Find the current $t\left(t\right)$ for $t>0$.

Answer to Problem 65P

The current $t\left(t\right)$ for $t>0$ is $\underset{\_}{6.25\times {10}^{-5}\left(e^{-200t}-1\right)+2\text{ A}}$.

Explanation of Solution

Given data:

Refer to part (a).

Formula used:

Write the formula for the current $i\left(t\right)$ for $t>0$ using Kirchhoff’s current law in Figure 2.

$i\left(t\right)=i_1\left(t\right)+i_2\left(t\right)$        (5)

Here,

$i_1\left(t\right)$ is the in inductor $5\text{ H}$ current.

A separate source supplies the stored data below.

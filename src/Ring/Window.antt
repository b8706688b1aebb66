-- ===== src/Ring/Window.antt =====
-- The data area of a ring, read and written byte by byte round its end: what the two-part memcpy
-- calls of shm_ring.cpp come to.
use omni_binder.Prelude.{
  ℕ, zero, suc, ◌+◌, ◌-◌, ◌≤◌, ◌<◌, ◌≡◌, refl, sym, ap, ap₂, ◌∙◌, ◌≢◌, List, [], ◌∷◌, ◌++◌, arith,
  ltb, if◌then◌else◌, length, get_or, set, length-set,
}
use omni_binder.Memory.{copy, slice}

module _ {ℓ} {A : Type ℓ} where
  pub get_or-set_self :
      (xs : List A) (i : ℕ) (v d : A) → i < length xs → get_or (set xs i v) i d ≡ v
  get_or-set_self [] i v d h = absurd (omega arith)
  get_or-set_self (x ∷ xs) zero v d h = refl
  get_or-set_self (x ∷ xs) (suc i) v d h = get_or-set_self xs i v d (omega arith)

  pub get_or-set_ne :
      (xs : List A) (i j : ℕ) (v d : A) → i ≢ j → get_or (set xs i v) j d ≡ get_or xs j d
  get_or-set_ne [] i j v d h = refl
  get_or-set_ne (x ∷ xs) zero zero v d h = absurd (h refl)
  get_or-set_ne (x ∷ xs) zero (suc j) v d h = refl
  get_or-set_ne (x ∷ xs) (suc i) zero v d h = refl
  get_or-set_ne (x ∷ xs) (suc i) (suc j) v d h = get_or-set_ne xs i j v d (λ e. h (ap suc e))

module _ (cap : ℕ) where
  -- The position `k` bytes on, for `k` up to `cap`.
  abbrev pub adv : ℕ → ℕ → ℕ
  adv p k = if ltb (p + k) cap then p + k else p + k - cap

  -- The `n` bytes from `p` on.
  abbrev pub window : List ℕ → ℕ → ℕ → List ℕ
  window bytes p zero = []
  window bytes p (suc n) = get_or bytes p 0 ∷ window bytes (adv p 1) n

  -- Bytes stored one after another from `p` on.
  abbrev pub store : List ℕ → ℕ → List ℕ → List ℕ
  store bytes p [] = bytes
  store bytes p (b ∷ bs) = store (set bytes p b) (adv p 1) bs

  pub length-window : (bytes : List ℕ) (p n : ℕ) → length (window bytes p n) ≡ n
  length-window bytes p zero = refl
  length-window bytes p (suc n) = ap suc (length-window bytes (adv p 1) n)

  pub length-store :
      (bytes : List ℕ) (p : ℕ) (bs : List ℕ) → length (store bytes p bs) ≡ length bytes
  length-store bytes p [] = refl
  length-store bytes p (b ∷ bs) = length-store (set bytes p b) (adv p 1) bs ∙ length-set bytes p b

  pub adv_first : (p k : ℕ) → p < cap → suc k ≤ cap → adv (adv p 1) k ≡ adv p (suc k)
  adv_first p k hp h = ground arith

  pub adv_last : (p k : ℕ) → p < cap → suc k ≤ cap → adv (adv p k) 1 ≡ adv p (suc k)
  adv_last p k hp h = ground arith

  pub adv-lt : (p k : ℕ) → p < cap → k ≤ cap → adv p k < cap
  adv-lt p k hp h = ground arith

  pub adv-zero : (p : ℕ) → p < cap → adv p 0 ≡ p
  adv-zero p hp = ground arith

  adv-ne : (p k : ℕ) → p < cap → 0 < k → k < cap → adv p k ≢ p
  adv-ne p k hp h0 h = ground arith

  pub window-append :
      (bytes : List ℕ) (p n m : ℕ)
      → p < cap
      → n ≤ cap
      → window bytes p (n + m) ≡ window bytes p n ++ window bytes (adv p n) m
  window-append bytes p zero m hp h = rw (adv-zero p hp) (ap (window bytes p) (omega arith))
  window-append bytes p (suc n) m hp h =
      ap (window bytes p) {y = suc (n + m)} (omega arith)
      ∙ ap (λ l. get_or bytes p 0 ∷ l)
          (rw (← adv_first p n hp h)
            (window-append bytes (adv p 1) n m (adv-lt p 1 hp (omega arith)) (omega arith)))

  -- A byte is left alone by what is stored `k` bytes on, short of coming round to it.
  get_or-store_ne :
      (bytes : List ℕ) (p k : ℕ) (bs : List ℕ)
      → p < cap
      → 0 < k
      → k + length bs ≤ cap
      → get_or (store bytes (adv p k) bs) p 0 ≡ get_or bytes p 0
  get_or-store_ne bytes p k [] hp h0 h = refl
  get_or-store_ne bytes p k (b ∷ bs) hp h0 h =
      rw (adv_last p k hp (omega arith))
        (get_or-store_ne (set bytes (adv p k) b) p (suc k) bs hp (omega arith) (omega arith))
      ∙ get_or-set_ne bytes (adv p k) p b 0 (adv-ne p k hp h0 (omega arith))

  -- So are the `n` bytes before it.
  pub window-store_ne :
      (bytes : List ℕ) (p n k : ℕ) (bs : List ℕ)
      → p < cap
      → n ≤ k
      → k + length bs ≤ cap
      → window (store bytes (adv p k) bs) p n ≡ window bytes p n
  window-store_ne bytes p zero k bs hp hn h = refl
  window-store_ne bytes p (suc n) zero bs hp hn h = absurd (omega arith)
  window-store_ne bytes p (suc n) (suc k) [] hp hn h = refl
  window-store_ne bytes p (suc n) (suc k) (b ∷ bs) hp hn h =
      ap₂ ◌∷◌ (get_or-store_ne bytes p (suc k) (b ∷ bs) hp (omega arith) h) (
        ap (λ q. window (store bytes q (b ∷ bs)) (adv p 1) n) (sym (adv_first p k hp (omega arith)))
        ∙ window-store_ne bytes (adv p 1) n k (b ∷ bs) (adv-lt p 1 hp (omega arith)) (omega arith)
            (omega arith))

  -- What is stored is read back.
  pub window-store_self :
      (bytes : List ℕ) (p : ℕ) (bs : List ℕ)
      → length bytes ≡ cap
      → p < cap
      → length bs ≤ cap
      → window (store bytes p bs) p (length bs) ≡ bs
  window-store_self bytes p [] hl hp h = refl
  window-store_self bytes p (b ∷ bs) hl hp h =
      ap₂ ◌∷◌
        (get_or-store_ne (set bytes p b) p 1 bs hp (omega arith) (omega arith)
          ∙ get_or-set_self bytes p b 0 (omega arith))
        (window-store_self (set bytes p b) (adv p 1) bs (length-set bytes p b ∙ hl)
          (adv-lt p 1 hp (omega arith)) (omega arith))

  -- Storing just past `n` bytes extends them.
  pub window-store :
      (bytes : List ℕ) (p n : ℕ) (bs : List ℕ)
      → length bytes ≡ cap
      → p < cap
      → n + length bs ≤ cap
      → window (store bytes (adv p n) bs) p (n + length bs) ≡ window bytes p n ++ bs
  window-store bytes p n bs hl hp h =
      window-append (store bytes (adv p n) bs) p n (length bs) hp (omega arith)
      ∙ ap₂ ◌++◌ (window-store_ne bytes p n n bs hp (omega arith) h)
          (window-store_self bytes (adv p n) bs hl (adv-lt p n hp (omega arith)) (omega arith))

  pub store-append :
      (bytes : List ℕ) (p : ℕ) (bs cs : List ℕ)
      → p < cap
      → length bs ≤ cap
      → store bytes p (bs ++ cs) ≡ store (store bytes p bs) (adv p (length bs)) cs
  store-append bytes p [] cs hp h = rw (adv-zero p hp)
  store-append bytes p (b ∷ bs) cs hp h =
      rw (← adv_first p (length bs) hp h)
        (store-append (set bytes p b) (adv p 1) bs cs (adv-lt p 1 hp (omega arith)) (omega arith))

  -- A memcpy that stays below the end stores its bytes one after another.
  pub copy-store :
      (bytes : List ℕ) (p : ℕ) (bs : List ℕ)
      → p + length bs ≤ cap
      → copy bytes p bs ≡ store bytes p bs
  unfolding copy
  copy-store bytes p [] h = refl
  copy-store bytes p (b ∷ []) h = refl
  copy-store bytes p (b ∷ c ∷ bs) h =
      copy-store (set bytes p b) (p + 1) (c ∷ bs) (omega arith)
      ∙ ap (λ q. store (set bytes p b) q (c ∷ bs)) (ground arith)

  pub slice-window : (bytes : List ℕ) (p n : ℕ) → p + n ≤ cap → slice bytes p n ≡ window bytes p n
  unfolding slice
  slice-window bytes p zero h = refl
  slice-window bytes p (suc zero) h = refl
  slice-window bytes p (suc (suc n)) h = ap (◌∷◌ (get_or bytes p 0)) (
      slice-window bytes (p + 1) (suc n) (omega arith)
      ∙ ap (λ q. window bytes q (suc n)) (ground arith))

$i_2\left(t\right)$ is the in inductor $\text{20 H}$ current.

Calculation:

Refer to part (c), the currents $i_1\left(t\right)$ and $i_2\left(t\right)$ are,

$i_1\left(t\right)=\left(5\times {10}^{-5}\left(e^{-200t}-1\right)+4\right)\text{ A }$

$i_2\left(t\right)=\left(1.25\times {10}^{-5}\left(e^{-200t}-1\right)-2\right)\text{ A }$

Substitute $\left(5\times {10}^{-5}\left(e^{-200t}-1\right)+4\right)\text{ A}$ for $i_1\left(t\right)$ and $\left(1.25\times {10}^{-5}\left(e^{-200t}-1\right)-2\right)\text{ A}$ for $i_2\left(t\right)$ in equation (5).

$\begin{array}{l}i\left(t\right)=\left(5\times {10}^{-5}\left(e^{-200t}-1\right)+4\right)+\left(1.25\times {10}^{-5}\left(e^{-200t}-1\right)-2\right)\text{ A}\\ i\left(t\right)=\left(5\times {10}^{-5}+1.25\times {10}^{-5}\right)\left(e^{-200t}-1\right)+4-2\text{ A}\\ i\left(t\right)=6.25\times {10}^{-5}\left(e^{-200t}-1\right)+2\text{ A}\end{array}$

Conclusion:

Thus, the current $t\left(t\right)$ for $t>0$ is $\underset{\_}{6.25\times {10}^{-5}\left(e^{-200t}-1\right)+2\text{ A}}$.